◆ **Data for analysis**

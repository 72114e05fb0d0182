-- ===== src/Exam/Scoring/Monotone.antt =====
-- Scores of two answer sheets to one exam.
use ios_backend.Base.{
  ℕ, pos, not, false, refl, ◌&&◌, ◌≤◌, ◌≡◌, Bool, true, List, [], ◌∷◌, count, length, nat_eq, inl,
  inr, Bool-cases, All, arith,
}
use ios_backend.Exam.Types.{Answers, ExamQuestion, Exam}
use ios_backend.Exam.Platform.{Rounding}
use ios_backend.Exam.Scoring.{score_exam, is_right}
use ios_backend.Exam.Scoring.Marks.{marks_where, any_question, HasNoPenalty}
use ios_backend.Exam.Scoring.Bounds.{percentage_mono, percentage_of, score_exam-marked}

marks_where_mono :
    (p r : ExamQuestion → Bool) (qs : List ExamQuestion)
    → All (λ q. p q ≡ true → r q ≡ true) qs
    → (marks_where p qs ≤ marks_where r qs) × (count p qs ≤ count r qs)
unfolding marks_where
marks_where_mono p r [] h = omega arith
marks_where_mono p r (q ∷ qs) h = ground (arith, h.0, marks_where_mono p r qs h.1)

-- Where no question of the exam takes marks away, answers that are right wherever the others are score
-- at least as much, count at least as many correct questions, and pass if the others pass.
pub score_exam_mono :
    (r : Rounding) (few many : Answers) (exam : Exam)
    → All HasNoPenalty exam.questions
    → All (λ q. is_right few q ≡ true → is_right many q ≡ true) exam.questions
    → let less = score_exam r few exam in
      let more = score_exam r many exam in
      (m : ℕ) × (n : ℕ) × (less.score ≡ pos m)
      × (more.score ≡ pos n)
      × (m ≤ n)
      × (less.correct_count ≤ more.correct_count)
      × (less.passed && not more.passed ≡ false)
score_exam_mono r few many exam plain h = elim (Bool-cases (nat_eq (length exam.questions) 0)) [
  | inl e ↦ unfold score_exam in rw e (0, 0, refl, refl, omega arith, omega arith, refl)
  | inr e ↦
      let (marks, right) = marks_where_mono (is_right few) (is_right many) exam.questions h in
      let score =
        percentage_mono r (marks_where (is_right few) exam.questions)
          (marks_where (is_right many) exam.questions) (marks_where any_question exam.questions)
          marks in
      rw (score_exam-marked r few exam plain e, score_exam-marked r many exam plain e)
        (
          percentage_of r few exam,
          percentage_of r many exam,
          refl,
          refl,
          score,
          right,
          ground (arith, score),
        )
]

--

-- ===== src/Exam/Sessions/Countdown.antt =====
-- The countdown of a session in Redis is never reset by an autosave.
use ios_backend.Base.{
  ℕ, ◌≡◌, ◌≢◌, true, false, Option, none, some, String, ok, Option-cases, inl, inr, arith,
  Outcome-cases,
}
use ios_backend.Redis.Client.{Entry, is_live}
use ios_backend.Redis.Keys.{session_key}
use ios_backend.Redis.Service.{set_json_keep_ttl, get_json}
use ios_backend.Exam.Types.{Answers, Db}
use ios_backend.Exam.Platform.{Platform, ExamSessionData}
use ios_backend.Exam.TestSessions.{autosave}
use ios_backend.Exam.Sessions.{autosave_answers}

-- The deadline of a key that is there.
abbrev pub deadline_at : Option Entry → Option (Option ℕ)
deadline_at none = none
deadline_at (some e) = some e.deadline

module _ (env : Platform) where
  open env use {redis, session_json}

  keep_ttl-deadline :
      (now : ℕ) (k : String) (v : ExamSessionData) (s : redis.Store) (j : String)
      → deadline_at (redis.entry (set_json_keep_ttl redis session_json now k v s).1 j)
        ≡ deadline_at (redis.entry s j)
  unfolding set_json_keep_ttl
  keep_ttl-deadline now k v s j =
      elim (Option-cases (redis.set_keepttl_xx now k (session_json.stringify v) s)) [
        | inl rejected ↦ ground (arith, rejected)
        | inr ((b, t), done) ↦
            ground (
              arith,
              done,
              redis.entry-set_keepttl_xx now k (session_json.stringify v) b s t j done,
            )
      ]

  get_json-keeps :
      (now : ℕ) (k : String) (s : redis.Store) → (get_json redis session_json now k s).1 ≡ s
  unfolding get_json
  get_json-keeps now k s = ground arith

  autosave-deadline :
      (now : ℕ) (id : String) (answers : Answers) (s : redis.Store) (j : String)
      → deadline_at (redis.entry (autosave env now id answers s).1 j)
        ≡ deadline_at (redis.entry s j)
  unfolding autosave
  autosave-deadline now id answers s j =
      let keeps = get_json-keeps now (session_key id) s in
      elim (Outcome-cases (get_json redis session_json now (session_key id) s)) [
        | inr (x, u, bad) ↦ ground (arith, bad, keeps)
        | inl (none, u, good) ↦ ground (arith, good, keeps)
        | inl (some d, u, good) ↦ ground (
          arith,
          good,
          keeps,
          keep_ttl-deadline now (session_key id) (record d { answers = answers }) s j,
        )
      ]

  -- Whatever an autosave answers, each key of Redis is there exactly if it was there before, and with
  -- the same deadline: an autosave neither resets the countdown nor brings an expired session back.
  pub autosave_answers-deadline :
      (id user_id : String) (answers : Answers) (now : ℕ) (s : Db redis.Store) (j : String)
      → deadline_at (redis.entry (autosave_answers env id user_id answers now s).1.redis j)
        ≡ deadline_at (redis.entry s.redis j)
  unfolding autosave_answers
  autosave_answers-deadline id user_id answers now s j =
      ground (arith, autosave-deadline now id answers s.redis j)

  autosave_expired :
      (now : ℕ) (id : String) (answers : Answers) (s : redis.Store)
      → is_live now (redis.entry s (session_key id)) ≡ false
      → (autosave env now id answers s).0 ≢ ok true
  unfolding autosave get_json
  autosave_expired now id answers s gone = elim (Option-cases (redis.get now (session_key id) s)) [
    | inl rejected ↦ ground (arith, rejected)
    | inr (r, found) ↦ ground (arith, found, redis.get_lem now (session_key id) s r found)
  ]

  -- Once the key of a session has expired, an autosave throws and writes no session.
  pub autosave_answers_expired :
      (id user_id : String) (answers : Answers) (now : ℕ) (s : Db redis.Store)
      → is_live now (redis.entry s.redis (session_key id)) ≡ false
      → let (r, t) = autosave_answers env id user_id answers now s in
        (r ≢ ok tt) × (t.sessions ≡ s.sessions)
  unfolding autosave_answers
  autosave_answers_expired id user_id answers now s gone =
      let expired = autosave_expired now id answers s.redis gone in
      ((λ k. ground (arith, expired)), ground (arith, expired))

==

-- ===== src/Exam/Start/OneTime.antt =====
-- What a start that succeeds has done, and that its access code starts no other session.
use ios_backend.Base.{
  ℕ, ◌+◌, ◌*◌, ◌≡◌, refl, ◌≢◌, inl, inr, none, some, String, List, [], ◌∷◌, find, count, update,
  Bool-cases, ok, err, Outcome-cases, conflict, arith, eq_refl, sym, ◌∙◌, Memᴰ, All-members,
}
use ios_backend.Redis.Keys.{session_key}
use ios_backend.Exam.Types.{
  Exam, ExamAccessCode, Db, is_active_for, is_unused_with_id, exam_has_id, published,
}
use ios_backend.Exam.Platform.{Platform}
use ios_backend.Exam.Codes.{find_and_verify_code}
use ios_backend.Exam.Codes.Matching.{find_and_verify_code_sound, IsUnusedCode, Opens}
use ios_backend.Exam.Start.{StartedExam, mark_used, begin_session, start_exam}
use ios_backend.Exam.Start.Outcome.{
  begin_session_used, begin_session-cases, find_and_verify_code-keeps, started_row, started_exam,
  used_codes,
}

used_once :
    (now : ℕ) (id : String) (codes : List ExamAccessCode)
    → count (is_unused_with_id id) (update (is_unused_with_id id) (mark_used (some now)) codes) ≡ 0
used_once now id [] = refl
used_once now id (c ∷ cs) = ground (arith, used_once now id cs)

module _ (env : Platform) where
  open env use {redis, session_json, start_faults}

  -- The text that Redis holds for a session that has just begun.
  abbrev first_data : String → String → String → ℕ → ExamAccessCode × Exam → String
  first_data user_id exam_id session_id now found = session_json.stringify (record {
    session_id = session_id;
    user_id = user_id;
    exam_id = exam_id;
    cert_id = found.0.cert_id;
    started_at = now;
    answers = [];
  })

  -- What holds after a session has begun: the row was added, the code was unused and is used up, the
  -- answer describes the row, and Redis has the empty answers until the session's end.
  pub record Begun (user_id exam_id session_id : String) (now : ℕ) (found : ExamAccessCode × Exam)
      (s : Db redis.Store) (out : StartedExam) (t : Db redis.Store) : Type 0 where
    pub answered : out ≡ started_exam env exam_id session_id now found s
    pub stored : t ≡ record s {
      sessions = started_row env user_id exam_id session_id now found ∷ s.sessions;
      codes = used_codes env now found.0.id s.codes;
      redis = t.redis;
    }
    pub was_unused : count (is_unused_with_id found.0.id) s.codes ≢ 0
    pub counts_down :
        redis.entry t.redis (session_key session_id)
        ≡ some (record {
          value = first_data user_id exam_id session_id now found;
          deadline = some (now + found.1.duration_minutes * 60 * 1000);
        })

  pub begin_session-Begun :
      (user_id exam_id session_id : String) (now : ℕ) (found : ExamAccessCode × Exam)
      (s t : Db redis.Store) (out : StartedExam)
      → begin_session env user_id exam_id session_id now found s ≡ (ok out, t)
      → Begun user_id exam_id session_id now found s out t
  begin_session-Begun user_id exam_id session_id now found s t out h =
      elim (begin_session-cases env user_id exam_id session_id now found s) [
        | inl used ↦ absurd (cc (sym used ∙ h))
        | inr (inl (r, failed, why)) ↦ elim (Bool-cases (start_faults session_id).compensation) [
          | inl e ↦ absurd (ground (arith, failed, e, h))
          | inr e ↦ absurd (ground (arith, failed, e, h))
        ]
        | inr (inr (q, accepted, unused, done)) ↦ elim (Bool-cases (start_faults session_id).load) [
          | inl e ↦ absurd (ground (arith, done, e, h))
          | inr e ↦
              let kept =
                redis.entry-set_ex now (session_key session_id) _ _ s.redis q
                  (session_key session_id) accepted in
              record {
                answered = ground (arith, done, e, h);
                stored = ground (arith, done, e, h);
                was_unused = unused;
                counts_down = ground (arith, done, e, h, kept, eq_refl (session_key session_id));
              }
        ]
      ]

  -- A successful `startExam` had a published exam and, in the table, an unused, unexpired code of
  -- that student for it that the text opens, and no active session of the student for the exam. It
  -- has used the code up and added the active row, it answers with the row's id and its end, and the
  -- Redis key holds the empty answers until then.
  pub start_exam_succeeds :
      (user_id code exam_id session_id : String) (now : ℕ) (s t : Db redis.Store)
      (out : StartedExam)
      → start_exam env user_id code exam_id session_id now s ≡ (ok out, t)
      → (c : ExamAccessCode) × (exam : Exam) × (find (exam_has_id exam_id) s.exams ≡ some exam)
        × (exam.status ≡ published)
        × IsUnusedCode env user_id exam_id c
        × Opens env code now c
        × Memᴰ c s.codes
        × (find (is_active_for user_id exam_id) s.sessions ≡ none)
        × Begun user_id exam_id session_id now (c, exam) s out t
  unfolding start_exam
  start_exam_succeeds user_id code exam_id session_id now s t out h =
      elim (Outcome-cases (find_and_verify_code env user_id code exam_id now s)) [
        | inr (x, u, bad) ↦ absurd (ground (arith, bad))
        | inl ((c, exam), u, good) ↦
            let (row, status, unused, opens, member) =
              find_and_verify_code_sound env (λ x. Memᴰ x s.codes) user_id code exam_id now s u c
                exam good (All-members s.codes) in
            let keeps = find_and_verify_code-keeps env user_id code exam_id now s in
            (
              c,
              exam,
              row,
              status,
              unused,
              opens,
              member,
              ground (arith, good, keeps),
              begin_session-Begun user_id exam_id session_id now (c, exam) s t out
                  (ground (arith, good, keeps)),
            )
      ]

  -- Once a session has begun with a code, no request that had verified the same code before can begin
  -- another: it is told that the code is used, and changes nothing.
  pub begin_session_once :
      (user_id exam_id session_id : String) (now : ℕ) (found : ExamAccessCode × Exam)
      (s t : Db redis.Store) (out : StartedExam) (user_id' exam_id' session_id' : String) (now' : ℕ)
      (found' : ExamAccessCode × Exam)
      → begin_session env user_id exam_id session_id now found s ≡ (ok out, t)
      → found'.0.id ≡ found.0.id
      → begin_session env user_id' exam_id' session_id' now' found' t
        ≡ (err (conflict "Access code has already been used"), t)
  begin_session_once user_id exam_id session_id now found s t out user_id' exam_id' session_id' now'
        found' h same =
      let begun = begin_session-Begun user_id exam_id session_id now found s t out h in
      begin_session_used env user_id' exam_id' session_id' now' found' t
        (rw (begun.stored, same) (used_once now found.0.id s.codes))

◆ **Instructions for the task**
From the records above, repeat exactly the lines from the one with "elim (Outcome-cases (get_json" through the one with "autosave_expired now id answers s gone", both included.

◆ **Response to the exercise**
      elim (Outcome-cases (get_json redis session_json now (session_key id) s)) [
        | inr (x, u, bad) ↦ ground (arith, bad, keeps)
        | inl (none, u, good) ↦ ground (arith, good, keeps)
        | inl (some d, u, good) ↦ ground (
          arith,
          good,
          keeps,
          keep_ttl-deadline now (session_key id) (record d { answers = answers }) s j,
        )
      ]

  -- Whatever an autosave answers, each key of Redis is there exactly if it was there before, and with
  -- the same deadline: an autosave neither resets the countdown nor brings an expired session back.
  pub autosave_answers-deadline :
      (id user_id : String) (answers : Answers) (now : ℕ) (s : Db redis.Store) (j : String)
      → deadline_at (redis.entry (autosave_answers env id user_id answers now s).1.redis j)
        ≡ deadline_at (redis.entry s.redis j)
  unfolding autosave_answers
  autosave_answers-deadline id user_id answers now s j =
      ground (arith, autosave-deadline now id answers s.redis j)

  autosave_expired :
      (now : ℕ) (id : String) (answers : Answers) (s : redis.Store)
      → is_live now (redis.entry s (session_key id)) ≡ false
      → (autosave env now id answers s).0 ≢ ok true
  unfolding autosave get_json
  autosave_expired now id answers s gone = elim (Option-cases (redis.get now (session_key id) s)) [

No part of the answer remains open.